Quattro Canti district

    The Quattro Canti or "four corners" is the traditional center of Palermo. On the southwest corner of Quattro Canti (entrance on Corso Vittorio Emanuele), San Giuseppe dei Teatini (Mon– Sat 7.30–11am & 6–8pm, Sun 8.30am–12.30pm & 6–8pm), begun in 1612, is the most harmonious of the city's Baroque churches. Outside, across Via Maqueda, is Piazza Pretoria, floodlit at night to highlight the nude figures of its great central fountain, a racy sixteenth-century Florentine design. The piazza also holds the restored Municipio, while towering above both square and fountain is the massive flank of Santa Caterina (daily 9.30am–1pm; April– Oct also afternoons), Sicilian Baroque at its most exuberant, every inch of the enormous interior covered in a wildly decorative, pustular relief-work.
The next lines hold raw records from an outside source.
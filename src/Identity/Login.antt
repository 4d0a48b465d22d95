-- ===== src/Identity/Login.antt =====
-- The throttling of app/modules/identity/router.py: login, and the part of register before its
-- account is looked up. Whether the password is right is the verification service's answer.
pub mod Limit
use cat_game_backend.Base.{
  ℕ, ◌+◌, ◌*◌, ◌≤◌, ◌<◌, ◌≡◌, refl, sym, Bool, true, false, Option, none, some, List, [], ◌∷◌, ◌++◌,
  arith, map, All, All-append, leb, ltb, ◌==◌, if◌then◌else◌, any, inl, inr, Option-cases,
  Bool-cases,
}
use cat_game_backend.Identity.RateLimit.Blocking.{
  seconds_left-positive, check_bucket-IsOpen, check_bucket-open,
}
use cat_game_backend.Identity.RateLimit.{
  AuthRateLimit, RateSettings, has_expired, is_blocked, seconds_left, second, restarted,
  refresh_window, blocked, check_bucket, check_buckets, blocked_retry_after, fail_bucket, counted,
  record_failed_attempts, record_request_attempt, reset_rate_bucket,
}

-- The answers: 429 with its Retry-After, 401, and the user with a new session.
pub data LoginAnswer : Type 0 where
  rate_limited : ℕ → LoginAnswer
  invalid_credentials : LoginAnswer
  logged_in : LoginAnswer

module _ (s : RateSettings) where
  -- `record_failed_attempts`, and the answer to a wrong password.
  abbrev pub refuse : ℕ → ℕ → List AuthRateLimit → LoginAnswer × List AuthRateLimit
  refuse attempt_limit now buckets =
      let (retry_after, bs) = record_failed_attempts s attempt_limit now buckets in
      elim retry_after [
        | some seconds ↦ (rate_limited seconds, bs)
        | none ↦ (invalid_credentials, bs)
      ]

  -- The answer, the bucket of the address and that of the account.
  unfoldable pub login :
      Bool → ℕ → ℕ → AuthRateLimit → AuthRateLimit → LoginAnswer × List AuthRateLimit
  login verified attempt_limit now ip account =
      let (ip_wait, ip_buckets) =
        blocked_retry_after s attempt_limit now (refresh_window s now ip ∷ []) in
      elim ip_wait [
        | some seconds ↦ (rate_limited seconds, ip_buckets ++ (account ∷ []))
        | none ↦
            let (wait, account_buckets) =
              blocked_retry_after s attempt_limit now (refresh_window s now account ∷ []) in
            elim wait [
              | some seconds ↦ (rate_limited seconds, ip_buckets ++ account_buckets)
              | none ↦
                  if verified
                  then (logged_in, ip_buckets ++ map (reset_rate_bucket s now) account_buckets)
                  else refuse attempt_limit now (ip_buckets ++ account_buckets)
            ]
      ]

  -- `record_request_attempt` after the check, as register does.
  unfoldable pub register_attempt : ℕ → ℕ → AuthRateLimit → Option ℕ × List AuthRateLimit
  register_attempt attempt_limit now bucket =
      let (retry_after, buckets) =
        blocked_retry_after s attempt_limit now (refresh_window s now bucket ∷ []) in
      elim retry_after [
        | some seconds ↦ (some seconds, buckets)
        | none ↦ (none, record_request_attempt s now buckets)
      ]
    Piazza Bellini, just around the corner, is the site of two wildly contrasting churches. The little Saracenic red domes belong to San Cataldo, a perfectly proportioned twelfth-century Byzantine chapel flooded with light (daily 9.30am–1pm; summer also afternoons 3.30–6pm; €1). Never decorated, it retains a good mosaic floor. San Cataldo's understatement is more than offset by the splendid intricacy of the adjacent La Martorana (Mon– Sat 8am–1pm & winter 3.30–5pm, summer 3.30–7pm, Sun 8.30am–1pm; free) – one of the finest survivors of the medieval city. With a Norman foundation, the church received a Baroque going-over in 1588. Happily, the alterations don't detract from the power of the interior, entered through the slim twelfth-century campanile, which retains its ribbed arches and slender columns. A series of spectacular mosaics, animated twelfth-century Greek works, are laid on and around the columns supporting the main cupola. Two original mosaic panels have been set in frames on the walls just inside the entrance to the church: a kneeling George of Antioch (the church's founder) dedicating La Martorana to the Virgin, and King Roger being crowned by Christ.